Despite the perception that COVID-19 isn’t a pediatric disease, a growing number of young children are now exhibiting symptoms of long COVID, researchers say.
RT’s Three Key Takeaways:
- Young children can develop long COVID: Rutgers-led research confirms that infants, toddlers, and preschoolers can experience long COVID, though symptoms may differ from those seen in older children.
- Symptoms are often subtle and overlooked: Long COVID in young children commonly presents as fussiness, poor sleep, low energy, or persistent cough—symptoms that are easy to miss or misattribute.
- Timely recognition is critical: Early diagnosis by caregivers and pediatricians is essential to ensure children receive appropriate treatment and support, preventing delays in care and services.

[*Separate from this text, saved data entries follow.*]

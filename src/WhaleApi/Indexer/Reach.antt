-- ===== src/WhaleApi/Indexer/Reach.antt =====
-- apps/whale-api/src/module.indexer/rpc.block.provider.ts: in every database that rounds, their
-- failures and crashes lead to, the status tells what a cleanup has to undo.
use jellyfishsdk.Prelude.{
  ℕ, ◌≡◌, refl, sym, subst, List, Bool, true, Option, none, some, same_text_refl, Result, ◌>>=◌,
  err, ok,
}
use jellyfishsdk.Buffer.Hex.{Text}
use jellyfishsdk.WhaleApi.Indexer.{
  RawBlock, needs_cleanup, Run, done, thrown, Indexer, Stored, RpcClient, index_all, on_models,
  put_raw, main_index, cleanup, synced, failed, active, index_genesis, synchronize, Synced,
  end_round, round_after, cycle_round, IndexStatus,
}
use jellyfishsdk.WhaleApi.Indexer.Recovery.{
  Touched, untouched, index_run, invalidate_run, crash, IsSettled, IsToldBy, IsClean, start, whole,
  IsUndoable, IsRecoverable, IsKept, IsSafe, IsAtRest, IsRecoverable-IsAtRest, IsUndoable-IsClean,
}
use jellyfishsdk.WhaleApi.Indexer.Runs.{left_by_sync, cleanup-IsSafe, synchronize-IsKept}
use jellyfishsdk.WhaleApi.Indexer.Steps.{
  CrashIndexing, before_put, after_put, CrashInvalidating, before_get, after_get, FailsWhole, Step,
  whole_round, crash_in_cleanup, crash_in_index, crash_in_invalidate, Reach, at_start, after,
}

left_by_round : {X : Type 0} (s : Synced X) → left_by_sync s ≡ (end_round s).1
left_by_round (synced more db) = refl
left_by_round (failed e db) = refl

module _ {X : Type 0} (indexers : List (Indexer X)) (highest : X → Option RawBlock) (initial : X)
    (cut_short : RawBlock → X → X → Type 0) where
  Touched-trans :
      {block : RawBlock} {x y z : X}
      → Touched indexers initial cut_short block x y
      → Touched indexers initial cut_short block y z
      → Touched indexers initial cut_short block x z
  Touched-trans t untouched = t
  Touched-trans t (index_run i m u) = index_run i m (Touched-trans t u)
  Touched-trans t (invalidate_run i m u) = invalidate_run i m (Touched-trans t u)
  Touched-trans t (crash c u) = crash c (Touched-trans t u)

  after_cleanup :
      (db : Stored X) {db' : Stored X}
      → IsRecoverable indexers initial cut_short db
      → cleanup indexers db ≡ done db'
      → IsClean indexers initial cut_short db'.models × IsAtRest db'.status
  after_cleanup db r e =
      subst (IsSafe indexers initial cut_short) e (cleanup-IsSafe indexers initial cut_short db r)

  CrashIndexing-IsRecoverable :
      (block : RawBlock) {db db' : Stored X}
      → IsClean indexers initial cut_short db.models
      → CrashIndexing indexers highest initial cut_short block db db'
      → IsRecoverable indexers initial cut_short db'
  CrashIndexing-IsRecoverable block {db} c before_put =
      IsUndoable-IsClean indexers initial cut_short (db.raw block.hash) c
  CrashIndexing-IsRecoverable block {db} c (after_put x t) =
      rw (same_text_refl block.hash) (db.models, c, t)

  CrashInvalidating-IsRecoverable :
      (hash : Text) (height : ℕ) {db db' : Stored X}
      → IsUndoable indexers initial cut_short (db.raw hash) db.models
      → CrashInvalidating indexers highest initial cut_short hash height db db'
      → IsRecoverable indexers initial cut_short db'
  CrashInvalidating-IsRecoverable hash height {db} u before_get = u
  CrashInvalidating-IsRecoverable hash height {db} u (after_get block x e t) =
      let (first, c, s) = subst (λ b. IsUndoable indexers initial cut_short b db.models) e u in
      subst (λ b. IsUndoable indexers initial cut_short b x) (sym e) (first, c, Touched-trans s t)

  IsRecoverable-IsUndoable :
      (db : Stored X) (s : IndexStatus)
      → IsRecoverable indexers initial cut_short db
      → db.status ≡ some s
      → needs_cleanup s.status ≡ true
      → IsUndoable indexers initial cut_short (db.raw s.hash) db.models
  IsRecoverable-IsUndoable db s r e n =
      let told = subst (λ o. IsToldBy indexers initial cut_short o db.raw db.models) e r in
      subst (λ b. IsSettled indexers initial cut_short b (db.raw s.hash) db.models) n told

  genesis_indexed :
      (client : RpcClient) (more : Bool) (db : Stored X) {db' : Stored X}
      → IsClean indexers initial cut_short db.models
      → IsAtRest db.status
      → index_genesis indexers client db ≡ synced more db'
      → IsRecoverable indexers initial cut_short db'
  unfolding index_genesis main_index
  genesis_indexed client more db {db'} c rest e =
      fetched (do hash ← client.get_block_hash 0; client.get_block hash) e
    where
      indexed :
          (block : RawBlock) (w : Run X)
          → index_all indexers block db.models ≡ w
          → active (on_models (record db { raw = put_raw block db.raw }) w) ≡ synced more db'
          → IsRecoverable indexers initial cut_short db'
      indexed block (done x) q e =
          subst (λ s. IsRecoverable indexers initial cut_short (left_by_sync s)) e
            (IsRecoverable-IsAtRest indexers initial cut_short
              (record db { raw = put_raw block db.raw; models = x }) (whole block c q) rest)
      indexed block (thrown f x) q e = cc

      fetched :
          (r : Result RawBlock)
          → (elim r [ err e ↦ failed e db | ok block ↦ active (main_index indexers block db) ])
            ≡ synced more db'
          → IsRecoverable indexers initial cut_short db'
      fetched (err f) e = cc
      fetched (ok block) e = indexed block (index_all indexers block db.models) refl e

  genesis-IsRecoverable :
      (client : RpcClient) (db : Stored X)
      → IsClean indexers initial cut_short db.models
      → IsAtRest db.status
      → highest db.models ≡ none
      → FailsWhole indexers highest initial cut_short client db
      → IsRecoverable indexers initial cut_short (end_round (index_genesis indexers client db)).1
  genesis-IsRecoverable client db c rest none_yet fails =
      ended (index_genesis indexers client db) refl
    where
      ended :
          (s : Synced X)
          → index_genesis indexers client db ≡ s
          → IsRecoverable indexers initial cut_short (end_round s).1
      ended (synced more db') e = genesis_indexed client more db c rest e
      ended (failed f db') e =
          subst (IsRecoverable indexers initial cut_short) (fails f db' none_yet e)
            (IsRecoverable-IsAtRest indexers initial cut_short db c rest)

  synchronized-IsKept :
      (client : RpcClient) (db : Stored X) (found : Option RawBlock)
      → IsClean indexers initial cut_short db.models
      → IsAtRest db.status
      → FailsWhole indexers highest initial cut_short client db
      → highest db.models ≡ found
      → IsKept indexers initial cut_short (end_round (synchronize indexers highest client db)).1
  unfolding synchronize
  synchronized-IsKept client db none c rest fails e =
      rw (e, synchronize) (λ kept. genesis-IsRecoverable client db c rest e fails)
  synchronized-IsKept client db (some block) c rest fails e =
      subst (IsKept indexers initial cut_short)
        (left_by_round (synchronize indexers highest client db))
        (synchronize-IsKept indexers initial cut_short highest client block db e c
          (IsRecoverable-IsAtRest indexers initial cut_short db c rest))

  round-IsKept :
      (client : RpcClient) (w : Run (Stored X))
      → ((db' : Stored X) → w ≡ done db' → FailsWhole indexers highest initial cut_short client db')
      → IsSafe indexers initial cut_short w
      → IsKept indexers initial cut_short (round_after indexers highest client w).1
  round-IsKept client (thrown e db) fails s = s
  round-IsKept client (done db) fails s =
      synchronized-IsKept client db (highest db.models) s.0 s.1 (fails db refl) refl

  Step-IsRecoverable :
      (db : Stored X) {db' : Stored X}
      → IsRecoverable indexers initial cut_short db
      → Step indexers highest initial cut_short db db'
      → IsRecoverable indexers initial cut_short db'
  unfolding cycle_round
  Step-IsRecoverable db r (whole_round client fails missing) =
      round-IsKept client (cleanup indexers db) fails
        (cleanup-IsSafe indexers initial cut_short db r) missing
  Step-IsRecoverable db r (crash_in_cleanup s e n k) =
      CrashInvalidating-IsRecoverable s.hash s.height (IsRecoverable-IsUndoable db s r e n) k
  Step-IsRecoverable db r (crash_in_index block e k) =
      CrashIndexing-IsRecoverable block (after_cleanup db r e).0 k
  Step-IsRecoverable db r (crash_in_invalidate {db'} hash height e k) =
      CrashInvalidating-IsRecoverable hash height
        (IsUndoable-IsClean indexers initial cut_short (db'.raw hash) (after_cleanup db r e).0) k

  Reach-IsRecoverable :
      (db : Stored X)
      → Reach indexers highest initial cut_short db
      → IsRecoverable indexers initial cut_short db
  Reach-IsRecoverable db at_start = start
  Reach-IsRecoverable db (after r s) = Step-IsRecoverable _ (Reach-IsRecoverable _ r) s

  -- In every database that rounds, their failures and crashes lead to, a cleanup that does not throw
  -- leaves models of complete runs only, in which each block that was touched was then indexed, or
  -- invalidated, by all indexers, and nothing more to clean up. Two kinds of rounds are left out: one
  -- that ends or fails with the first block of all indexed in part, and one that ends with REINDEX
  -- for a block that is stored, since an indexer threw NotFoundIndexerError in its invalidation.
  pub Reach-cleanup :
      (db db' : Stored X)
      → Reach indexers highest initial cut_short db
      → cleanup indexers db ≡ done db'
      → IsClean indexers initial cut_short db'.models × IsAtRest db'.status
  Reach-cleanup db db' r e = after_cleanup db (Reach-IsRecoverable db r) e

Infants, toddlers and preschoolers exhibit symptoms of long COVID, but the symptoms can be different and more difficult to identify in these children, according to Rutgers Health research.
The new study is part of the National Institutes of Health-funded Researching COVID to Enhance Recovery (RECOVER) initiative and published in the Journal of the American Medical Association Pediatrics.

Lawrence Kleinman, a professor and vice chair of the Department of Pediatrics at Rutgers Robert Wood Johnson Medical School and a professor of global public health at Rutgers School of Public Health, is the lead investigator for the Collaborative Long-term study of Outcomes of COVID-19 in Kids (CLOCK), a national consortium led by Rutgers.
“The COVID pandemic began with a myth – that children are spared its ill effects. In contrast, many children were sick with COVID, and we now have a new chronic illness emerging,” Kleinman said. “We are working hard to characterize long COVID in children and it will be critical for policymakers to assure that we have adequate resources to support and manage these children now and in the future.”
Of the total 1,011 children included in the study, 472 were infants and toddlers (children 2 years old or younger) and 539 were preschoolers (children 3 to 5 years old). Overall, 101 (15%) of the 677 children with previous SARS-CoV-2 infection were identified as likely having long COVID. The symptoms in these age groups differ from those reported among school age children and teens. Infants and toddlers with long COVID were more likely to experience difficulty sleeping, fussiness, poor appetite, stuffy nose and coughing while preschoolers were more likely to experience coughing and daytime tiredness and low energy.
Researchers said they can confirm that younger children can have long COVID. Clinicians and caregivers may not recognize long COVID in these children because they are unfamiliar with it. The authors explain too that the inability of younger children to describe how they feel may make identification more difficult in this age group. For similar reasons it is important for pediatricians and family physicians to consider long COVID when children present with the symptoms described. Failure to diagnose can delay treatment and inhibit availability of supportive services to children.
“This study is the largest systematic look at long COVID in younger children in the United States,” said Sunanda Gaur, a professor of pediatrics and director of the Adult and Pediatric Clinical Research Centers at Robert Wood Johnson University Hospital. “It suggests that this is an illness that children, families, pediatricians and the health care and educational system will be dealing with for a generation.”